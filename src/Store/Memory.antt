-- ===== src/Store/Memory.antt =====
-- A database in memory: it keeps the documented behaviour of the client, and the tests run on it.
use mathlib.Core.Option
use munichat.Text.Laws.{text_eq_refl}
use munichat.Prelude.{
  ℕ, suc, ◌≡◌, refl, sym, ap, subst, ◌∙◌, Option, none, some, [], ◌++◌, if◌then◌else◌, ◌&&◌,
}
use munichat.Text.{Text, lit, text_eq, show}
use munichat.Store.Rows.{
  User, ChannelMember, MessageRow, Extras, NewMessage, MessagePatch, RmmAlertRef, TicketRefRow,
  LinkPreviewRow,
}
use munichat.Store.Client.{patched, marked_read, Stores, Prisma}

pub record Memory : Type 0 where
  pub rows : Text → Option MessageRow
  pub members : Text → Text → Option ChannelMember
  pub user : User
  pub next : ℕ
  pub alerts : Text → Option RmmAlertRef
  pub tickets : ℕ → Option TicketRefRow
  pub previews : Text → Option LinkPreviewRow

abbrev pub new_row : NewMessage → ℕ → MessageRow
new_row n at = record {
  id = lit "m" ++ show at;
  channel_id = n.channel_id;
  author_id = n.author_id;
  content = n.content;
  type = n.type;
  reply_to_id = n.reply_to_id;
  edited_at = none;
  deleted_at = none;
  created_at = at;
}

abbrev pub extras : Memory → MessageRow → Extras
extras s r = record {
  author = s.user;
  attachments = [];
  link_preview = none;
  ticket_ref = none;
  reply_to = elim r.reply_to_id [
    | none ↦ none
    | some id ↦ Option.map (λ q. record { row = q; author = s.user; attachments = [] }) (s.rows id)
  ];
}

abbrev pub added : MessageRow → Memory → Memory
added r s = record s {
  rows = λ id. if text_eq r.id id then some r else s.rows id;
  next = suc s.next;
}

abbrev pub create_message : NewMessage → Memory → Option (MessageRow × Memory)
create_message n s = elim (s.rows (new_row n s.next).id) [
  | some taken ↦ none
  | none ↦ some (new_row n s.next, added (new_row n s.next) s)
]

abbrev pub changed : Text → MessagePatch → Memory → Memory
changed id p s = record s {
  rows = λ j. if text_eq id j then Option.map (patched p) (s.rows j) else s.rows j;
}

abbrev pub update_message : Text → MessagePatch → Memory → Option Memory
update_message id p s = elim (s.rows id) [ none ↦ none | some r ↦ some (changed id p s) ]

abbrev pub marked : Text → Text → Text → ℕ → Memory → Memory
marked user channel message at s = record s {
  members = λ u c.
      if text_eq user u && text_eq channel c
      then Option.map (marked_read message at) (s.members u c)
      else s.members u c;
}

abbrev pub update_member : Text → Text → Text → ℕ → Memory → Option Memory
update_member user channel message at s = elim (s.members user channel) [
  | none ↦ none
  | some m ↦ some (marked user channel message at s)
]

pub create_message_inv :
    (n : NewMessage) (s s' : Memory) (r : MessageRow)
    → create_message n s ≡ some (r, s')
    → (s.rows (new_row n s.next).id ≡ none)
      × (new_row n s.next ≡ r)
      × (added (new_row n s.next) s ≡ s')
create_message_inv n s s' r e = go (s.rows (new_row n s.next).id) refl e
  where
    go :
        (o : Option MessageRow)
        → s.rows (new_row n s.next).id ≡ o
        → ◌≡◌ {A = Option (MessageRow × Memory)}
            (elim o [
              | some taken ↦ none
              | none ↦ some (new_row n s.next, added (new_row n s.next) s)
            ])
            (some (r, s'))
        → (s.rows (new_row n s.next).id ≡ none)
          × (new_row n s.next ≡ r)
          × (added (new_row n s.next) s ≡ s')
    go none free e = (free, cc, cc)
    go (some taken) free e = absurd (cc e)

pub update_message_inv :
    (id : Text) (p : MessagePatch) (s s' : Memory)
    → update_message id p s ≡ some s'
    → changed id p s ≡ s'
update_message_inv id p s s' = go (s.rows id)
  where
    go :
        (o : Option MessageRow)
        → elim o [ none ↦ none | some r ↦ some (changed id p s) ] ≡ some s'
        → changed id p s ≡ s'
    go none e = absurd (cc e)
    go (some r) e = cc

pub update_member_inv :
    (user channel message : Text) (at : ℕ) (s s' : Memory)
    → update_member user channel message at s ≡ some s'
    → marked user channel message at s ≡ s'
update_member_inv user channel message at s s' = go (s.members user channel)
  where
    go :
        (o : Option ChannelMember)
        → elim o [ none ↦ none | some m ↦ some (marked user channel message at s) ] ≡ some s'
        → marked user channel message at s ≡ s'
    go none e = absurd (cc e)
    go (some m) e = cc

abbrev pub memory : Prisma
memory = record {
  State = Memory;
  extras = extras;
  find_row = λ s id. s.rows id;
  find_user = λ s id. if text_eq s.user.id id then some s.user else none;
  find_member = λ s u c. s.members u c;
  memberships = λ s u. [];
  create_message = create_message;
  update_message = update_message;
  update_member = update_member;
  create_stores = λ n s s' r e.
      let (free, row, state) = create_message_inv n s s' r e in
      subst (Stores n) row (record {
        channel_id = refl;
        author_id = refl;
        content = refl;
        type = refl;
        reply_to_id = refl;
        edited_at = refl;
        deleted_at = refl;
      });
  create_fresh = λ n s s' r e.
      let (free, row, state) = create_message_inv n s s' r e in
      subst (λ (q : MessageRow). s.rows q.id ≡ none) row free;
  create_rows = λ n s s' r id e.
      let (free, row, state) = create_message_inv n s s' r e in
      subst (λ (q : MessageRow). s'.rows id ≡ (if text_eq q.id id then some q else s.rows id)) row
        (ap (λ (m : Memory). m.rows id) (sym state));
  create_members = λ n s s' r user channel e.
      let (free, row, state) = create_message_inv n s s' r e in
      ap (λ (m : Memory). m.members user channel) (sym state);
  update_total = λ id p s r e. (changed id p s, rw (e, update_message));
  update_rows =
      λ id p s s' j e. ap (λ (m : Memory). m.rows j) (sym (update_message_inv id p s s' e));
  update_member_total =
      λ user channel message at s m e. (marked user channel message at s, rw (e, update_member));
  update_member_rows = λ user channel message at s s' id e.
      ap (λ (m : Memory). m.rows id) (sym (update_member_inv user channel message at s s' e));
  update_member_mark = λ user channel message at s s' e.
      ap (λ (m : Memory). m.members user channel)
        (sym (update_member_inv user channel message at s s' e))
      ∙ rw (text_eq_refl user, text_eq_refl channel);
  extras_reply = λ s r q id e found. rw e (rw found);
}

-- -- --

- Task statement: Starting at the first line and ending at the last, restate the material word for word.

- Answer to the exercise:
filename src/Store/Memory.antt
-- ===== src/Store/Memory.antt =====
-- A database in memory: it keeps the documented behaviour of the client, and the tests run on it.
use mathlib.Core.Option
use munichat.Text.Laws.{text_eq_refl}
use munichat.Prelude.{
  ℕ, suc, ◌≡◌, refl, sym, ap, subst, ◌∙◌, Option, none, some, [], ◌++◌, if◌then◌else◌, ◌&&◌,
}
use munichat.Text.{Text, lit, text_eq, show}
use munichat.Store.Rows.{
  User, ChannelMember, MessageRow, Extras, NewMessage, MessagePatch, RmmAlertRef, TicketRefRow,
  LinkPreviewRow,
}
use munichat.Store.Client.{patched, marked_read, Stores, Prisma}

pub record Memory : Type 0 where
  pub rows : Text → Option MessageRow
  pub members : Text → Text → Option ChannelMember
  pub user : User
  pub next : ℕ
  pub alerts : Text → Option RmmAlertRef
  pub tickets : ℕ → Option TicketRefRow
  pub previews : Text → Option LinkPreviewRow

abbrev pub new_row : NewMessage → ℕ → MessageRow
new_row n at = record {
  id = lit "m" ++ show at;
  channel_id = n.channel_id;
  author_id = n.author_id;
  content = n.content;
  type = n.type;
  reply_to_id = n.reply_to_id;
  edited_at = none;
  deleted_at = none;
  created_at = at;
}

abbrev pub extras : Memory → MessageRow → Extras
extras s r = record {
  author = s.user;
  attachments = [];
  link_preview = none;
  ticket_ref = none;
  reply_to = elim r.reply_to_id [
    | none ↦ none
    | some id ↦ Option.map (λ q. record { row = q; author = s.user; attachments = [] }) (s.rows id)
  ];
}

abbrev pub added : MessageRow → Memory → Memory
added r s = record s {
  rows = λ id. if text_eq r.id id then some r else s.rows id;
  next = suc s.next;
}

abbrev pub create_message : NewMessage → Memory → Option (MessageRow × Memory)
create_message n s = elim (s.rows (new_row n s.next).id) [
  | some taken ↦ none
  | none ↦ some (new_row n s.next, added (new_row n s.next) s)
]

abbrev pub changed : Text → MessagePatch → Memory → Memory
changed id p s = record s {
  rows = λ j. if text_eq id j then Option.map (patched p) (s.rows j) else s.rows j;
}

abbrev pub update_message : Text → MessagePatch → Memory → Option Memory
update_message id p s = elim (s.rows id) [ none ↦ none | some r ↦ some (changed id p s) ]

abbrev pub marked : Text → Text → Text → ℕ → Memory → Memory
marked user channel message at s = record s {
  members = λ u c.
      if text_eq user u && text_eq channel c
      then Option.map (marked_read message at) (s.members u c)
      else s.members u c;
}

abbrev pub update_member : Text → Text → Text → ℕ → Memory → Option Memory
update_member user channel message at s = elim (s.members user channel) [
  | none ↦ none
  | some m ↦ some (marked user channel message at s)
]

pub create_message_inv :
    (n : NewMessage) (s s' : Memory) (r : MessageRow)
    → create_message n s ≡ some (r, s')
    → (s.rows (new_row n s.next).id ≡ none)
      × (new_row n s.next ≡ r)
      × (added (new_row n s.next) s ≡ s')
create_message_inv n s s' r e = go (s.rows (new_row n s.next).id) refl e
  where
    go :
        (o : Option MessageRow)
        → s.rows (new_row n s.next).id ≡ o
        → ◌≡◌ {A = Option (MessageRow × Memory)}
            (elim o [
              | some taken ↦ none
              | none ↦ some (new_row n s.next, added (new_row n s.next) s)
            ])
            (some (r, s'))
        → (s.rows (new_row n s.next).id ≡ none)
          × (new_row n s.next ≡ r)
          × (added (new_row n s.next) s ≡ s')
    go none free e = (free, cc, cc)
    go (some taken) free e = absurd (cc e)

pub update_message_inv :
    (id : Text) (p : MessagePatch) (s s' : Memory)
    → update_message id p s ≡ some s'
    → changed id p s ≡ s'
update_message_inv id p s s' = go (s.rows id)
  where
    go :
        (o : Option MessageRow)
        → elim o [ none ↦ none | some r ↦ some (changed id p s) ] ≡ some s'
        → changed id p s ≡ s'
    go none e = absurd (cc e)
    go (some r) e = cc

pub update_member_inv :
    (user channel message : Text) (at : ℕ) (s s' : Memory)
    → update_member user channel message at s ≡ some s'
    → marked user channel message at s ≡ s'
update_member_inv user channel message at s s' = go (s.members user channel)
  where
    go :
        (o : Option ChannelMember)
        → elim o [ none ↦ none | some m ↦ some (marked user channel message at s) ] ≡ some s'
        → marked user channel message at s ≡ s'
    go none e = absurd (cc e)
    go (some m) e = cc

abbrev pub memory : Prisma
memory = record {
  State = Memory;
  extras = extras;
  find_row = λ s id. s.rows id;
  find_user = λ s id. if text_eq s.user.id id then some s.user else none;
  find_member = λ s u c. s.members u c;
  memberships = λ s u. [];
  create_message = create_message;
  update_message = update_message;
  update_member = update_member;
  create_stores = λ n s s' r e.
      let (free, row, state) = create_message_inv n s s' r e in
      subst (Stores n) row (record {
        channel_id = refl;
        author_id = refl;
        content = refl;
        type = refl;
        reply_to_id = refl;
        edited_at = refl;
        deleted_at = refl;
      });
  create_fresh = λ n s s' r e.
      let (free, row, state) = create_message_inv n s s' r e in
      subst (λ (q : MessageRow). s.rows q.id ≡ none) row free;
  create_rows = λ n s s' r id e.
      let (free, row, state) = create_message_inv n s s' r e in
      subst (λ (q : MessageRow). s'.rows id ≡ (if text_eq q.id id then some q else s.rows id)) row
        (ap (λ (m : Memory). m.rows id) (sym state));
  create_members = λ n s s' r user channel e.
      let (free, row, state) = create_message_inv n s s' r e in
      ap (λ (m : Memory). m.members user channel) (sym state);
  update_total = λ id p s r e. (changed id p s, rw (e, update_message));
  update_rows =
      λ id p s s' j e. ap (λ (m : Memory). m.rows j) (sym (update_message_inv id p s s' e));
  update_member_total =
      λ user channel message at s m e. (marked user channel message at s, rw (e, update_member));
  update_member_rows = λ user channel message at s s' id e.
      ap (λ (m : Memory). m.rows id) (sym (update_member_inv user channel message at s s' e));
  update_member_mark = λ user channel message at s s' e.
      ap (λ (m : Memory). m.members user channel)
        (sym (update_member_inv user channel message at s s' e))
      ∙ rw (text_eq_refl user, text_eq_refl channel);
  extras_reply = λ s r q id e found. rw e (rw found);
}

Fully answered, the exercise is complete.